You may ask: how does progression work? Well, each character has a rank that can be raised with XP, unlocking new Masterminds, skill modifiers, deck loadout slots, and more. There is also another type of reward: Result Points or RP; earned by performance, especially when fulfilling daily and weekly missions. These can be used to buy pieces of 'Equipment,' which act as passive enhancements for combat, survival, resource, and miscellaneous abilities. RP can also be spent on cosmetics. Both equipment and cosmetics are bought by opening chests that give random rewards. A booster for RP is available as an additional purchase. Even though this is a microtransaction it is entirely harmless. This game is, by far, not pay-to-win.
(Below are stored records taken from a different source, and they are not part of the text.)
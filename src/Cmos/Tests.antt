-- ===== src/Cmos/Tests.antt =====
-- Dates and times of src/kernel/io/cmos.c, and the theorems applied to them.
use homemade_os.Base.{◌≡◌, refl, false, arith}
use homemade_os.Cmos.{DateTime, count_days, read_cmos_time}
use homemade_os.Cmos.Calendar.{IsDate}
use homemade_os.Cmos.Clock.{IsTime}
use homemade_os.Cmos.Registers.{registers_of, read_cmos_time-registers_of}

-- the checks that the source runs on itself
count_days-one : count_days 1 1 1 ≡ 0
unfolding count_days
count_days-one = refl

count_days-end : count_days 1 12 31 ≡ 364
unfolding count_days
count_days-end = refl

leap_day : IsDate 2024 2 29
leap_day = record {
  from_one = omega arith;
  month_from = omega arith;
  month_to = omega arith;
  day_from = omega arith;
  day_to = omega arith;
}

abbrev evening : DateTime
evening = record { year = 24; month = 2; day = 29; hour = 23; minute = 59; second = 59 }

evening-IsTime : IsTime evening
evening-IsTime = record {
  date = leap_day;
  hour_to = omega arith;
  minute_to = omega arith;
  second_to = omega arith;
}

read_cmos_time_example : read_cmos_time (registers_of evening false false) false false ≡ evening
read_cmos_time_example =
    read_cmos_time-registers_of evening false false evening-IsTime (omega arith)
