-- ===== src/Fat.antt =====
-- src/kernel/file/fat.c: the clusters of a FAT32 partition, directories, the files that are open, and
-- reading. A `uint32_t` or `uintptr_t` is a number below 2 ^ 32.
pub mod Chain
pub mod Read
pub mod Directory
pub mod Shared
mod Tests
use homemade_os.Base.{
  ℕ, zero, suc, ◌+◌, ◌-◌, ◌*◌, ◌/◌, ◌%◌, ◌^◌, Bool, true, false, Option, none, some, List, [], ◌∷◌,
  leb, ◌==◌, if◌then◌else◌,
}

-- What is used of the boot record and of `FAT32DiskPartition`; the table has an entry for each cluster.
pub record Partition : Type 0 where
  pub first_data_lba : ℕ
  pub sector_size : ℕ
  pub sectors_per_cluster : ℕ
  pub bytes_per_sector : ℕ
  pub sectors_per_fat32 : ℕ
  pub root_cluster : ℕ
  pub fat : ℕ → ℕ

unfoldable pub get_cluster_size : Partition → ℕ
get_cluster_size dp = dp.sectors_per_cluster * dp.sector_size % 2 ^ 32

-- Of 64 bits; the difference is of 32.
unfoldable pub cluster_to_lba : Partition → (cluster : ℕ) → ℕ
cluster_to_lba dp cluster =
    (dp.first_data_lba + (cluster + 2 ^ 32 - 2) % 2 ^ 32 * dp.sectors_per_cluster) % 2 ^ 64

abbrev pub next_cluster_by_fat : (cluster : ℕ) → Partition → ℕ
next_cluster_by_fat cluster dp = dp.fat cluster

unfoldable pub clusters_per_fat : Partition → ℕ
clusters_per_fat dp = dp.sectors_per_fat32 * dp.bytes_per_sector % 2 ^ 32 / 4

-- `END_OF_CLUSTER` is 0x0ffffff8 and `BAD_CLUSTER` 0x0ffffff7.
unfoldable pub is_valid_cluster : (cluster : ℕ) → Partition → Bool
unfolding clusters_per_fat
is_valid_cluster cluster dp =
    if leb 268435448 cluster
    then false
    else if leb (clusters_per_fat dp) cluster
    then false
    else if dp.fat cluster == 268435447
    then false
    else true

-- The loop of `countClusterByFAT`. `none`: out of fuel.
unfoldable pub count_from : (fuel cluster cluster_count : ℕ) → Partition → Option ℕ
unfolding is_valid_cluster
count_from zero cluster cluster_count dp = none
count_from (suc fuel) cluster cluster_count dp =
    let rest = count_from fuel (next_cluster_by_fat cluster dp) ((cluster_count + 1) % 2 ^ 32) dp in
    if is_valid_cluster cluster dp then rest else some cluster_count

unfoldable pub count_cluster_by_fat : (fuel cluster : ℕ) → Partition → Option ℕ
unfolding count_from
count_cluster_by_fat fuel cluster dp = count_from fuel cluster 0 dp
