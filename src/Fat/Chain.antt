-- ===== src/Fat/Chain.antt =====
-- The chain of a file, and the count of its clusters.
use homemade_os.Base.{
  ℕ, zero, suc, ◌+◌, ◌-◌, ◌%◌, ◌*◌, ◌/◌, ◌⊎◌, ◌≢◌, inl, inr, ◌^◌, ◌≤◌, ◌<◌, ◌≡◌, refl, ap, ◌∙◌,
  arith, true, false, none, some, List, [], ◌∷◌, length,
}
use native.Mathlib.Decide.{dec_lt}
use homemade_os.Fat.{
  Partition, next_cluster_by_fat, is_valid_cluster, clusters_per_fat, count_from,
  count_cluster_by_fat,
}

-- A cluster is one of the table, no mark of the end, and not marked as bad.
abbrev pub IsUsable : Partition → (c : ℕ) → Type 0
IsUsable dp c =
    (c < 0x0ffffff8)
    × (c < dp.sectors_per_fat32 * dp.bytes_per_sector % 2 ^ 32 / 4)
    × (dp.fat c ≢ 0x0ffffff7)

abbrev pub IsEnd : Partition → (c : ℕ) → Type 0
IsEnd dp c =
    (0x0ffffff8 ≤ c)
    ⊎ (dp.sectors_per_fat32 * dp.bytes_per_sector % 2 ^ 32 / 4 ≤ c)
    ⊎ (dp.fat c ≡ 0x0ffffff7)

pub IsUsable-valid : (dp : Partition) (c : ℕ) → IsUsable dp c → is_valid_cluster c dp ≡ true
unfolding is_valid_cluster clusters_per_fat
IsUsable-valid dp c (number, inside, good) = ground arith

pub IsEnd-invalid : (dp : Partition) (c : ℕ) → IsEnd dp c → is_valid_cluster c dp ≡ false
unfolding is_valid_cluster clusters_per_fat
IsEnd-invalid dp c (inl number) = ground arith
IsEnd-invalid dp c (inr (inl outside)) = ground arith
IsEnd-invalid dp c (inr (inr bad)) = ground arith

-- From `c` on, the table leads through the clusters of the list, and ends behind them.
abbrev pub IsChain : Partition → (c : ℕ) → List ℕ → Type 0
IsChain dp c [] = IsEnd dp c
IsChain dp c (x ∷ xs) = (c ≡ x) × IsUsable dp c × IsChain dp (next_cluster_by_fat c dp) xs

count_from-IsChain :
    (fuel c n : ℕ) (dp : Partition) (xs : List ℕ)
    → IsChain dp c xs
    → length xs < fuel
    → n < 2 ^ 32
    → count_from fuel c n dp ≡ some ((n + length xs) % 2 ^ 32)
unfolding count_from
count_from-IsChain zero c n dp xs chain h small = absurd (omega arith)
count_from-IsChain (suc fuel) c n dp [] chain h small =
    let all : n ≡ (n + 0) % 2 ^ 32 = omega arith in rw (IsEnd-invalid dp c chain) (ap some all)
count_from-IsChain (suc fuel) c n dp (x ∷ xs) chain h small =
    let rest =
      count_from-IsChain fuel (next_cluster_by_fat c dp) ((n + 1) % 2 ^ 32) dp xs chain.2
        (omega arith) (omega arith) in
    let all : ((n + 1) % 2 ^ 32 + length xs) % 2 ^ 32 ≡ (n + suc (length xs)) % 2 ^ 32 =
      omega arith in
    rw (IsUsable-valid dp c chain.1) (rest ∙ ap some all)

-- `steps` entries of the table further on.
abbrev pub follow : (steps c : ℕ) → Partition → ℕ
follow zero c dp = c
follow (suc n) c dp = follow n (next_cluster_by_fat c dp) dp

-- Where every cluster that is reached is valid, the loop uses up all of its rounds.
count_from-endless :
    (fuel c n : ℕ) (dp : Partition)
    → ((steps : ℕ) → is_valid_cluster (follow steps c dp) dp ≡ true)
    → count_from fuel c n dp ≡ none
unfolding count_from
count_from-endless zero c n dp valid = refl
count_from-endless (suc fuel) c n dp valid = rw (valid 0) (
    count_from-endless fuel (next_cluster_by_fat c dp) ((n + 1) % 2 ^ 32) dp
      (λ steps. valid (suc steps)))

follow-add : (i j c : ℕ) (dp : Partition) → follow (i + j) c dp ≡ follow j (follow i c dp) dp
follow-add zero j c dp = let all : 0 + j ≡ j = omega arith in ap (λ n. follow n c dp) all
follow-add (suc i) j c dp =
    let next : suc i + j ≡ suc (i + j) = omega arith in
    ap (λ n. follow n c dp) next ∙ follow-add i j (next_cluster_by_fat c dp) dp

cycle_valid :
    (bound steps n c : ℕ) (dp : Partition)
    → steps < bound
    → follow (suc n) c dp ≡ c
    → ((i : ℕ) → i ≤ n → is_valid_cluster (follow i c dp) dp ≡ true)
    → is_valid_cluster (follow steps c dp) dp ≡ true
cycle_valid zero steps n c dp h back valid = absurd (omega arith)
cycle_valid (suc bound) steps n c dp h back valid = elim (dec_lt n steps) [
  | no inside ↦ valid steps (omega arith)
  | yes beyond ↦
      let split : steps ≡ suc n + (steps - suc n) = omega arith in
      let again : follow steps c dp ≡ follow (steps - suc n) c dp =
        ap (λ k. follow k c dp) split
        ∙ follow-add (suc n) (steps - suc n) c dp
        ∙ ap (λ d. follow (steps - suc n) d dp) back in
      ap (λ d. is_valid_cluster d dp) again
      ∙ cycle_valid bound (steps - suc n) n c dp (omega arith) back valid
]

-- The clusters of a chain are counted, modulo 2 ^ 32, on more rounds than it has clusters.
pub count_cluster_by_fat-IsChain :
    (fuel c : ℕ) (dp : Partition) (xs : List ℕ)
    → IsChain dp c xs
    → length xs < fuel
    → count_cluster_by_fat fuel c dp ≡ some (length xs % 2 ^ 32)
unfolding count_cluster_by_fat
count_cluster_by_fat-IsChain fuel c dp xs chain h =
    count_from-IsChain fuel c 0 dp xs chain h (omega arith)
    ∙ ap (λ n. some (n % 2 ^ 32)) (omega arith)

-- From a cluster that the table leads back to over valid clusters only, the loop does not end on any
-- number of rounds.
pub count_cluster_by_fat-cycle :
    (n c : ℕ) (dp : Partition)
    → follow (suc n) c dp ≡ c
    → ((i : ℕ) → i ≤ n → is_valid_cluster (follow i c dp) dp ≡ true)
    → (fuel : ℕ) → count_cluster_by_fat fuel c dp ≡ none
unfolding count_cluster_by_fat
count_cluster_by_fat-cycle n c dp back valid fuel =
    count_from-endless fuel c 0 dp
      (λ steps. cycle_valid (suc steps) steps n c dp (omega arith) back valid)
The equipment only adds minor buffs, and boosters are not that bad in general.

Resident Evil Resistance is a surprisingly terrific topper to its base game package. It is one of the only multiplayer games where teamwork is genuinely essential. Not only that, but playing as the Mastermind is a truly unique and empowering experience. Accessible, layered, and blood-pumping, this is a marvelous multiplayer foundation that will only get better.

Final Rating: 84% - Experimenter vs. experimentees: will you work as the Survivors or crush the resistance as the Mastermind with one fell swoop of a Mr. X spawn?


Note: A review code for this game was provided by the publisher.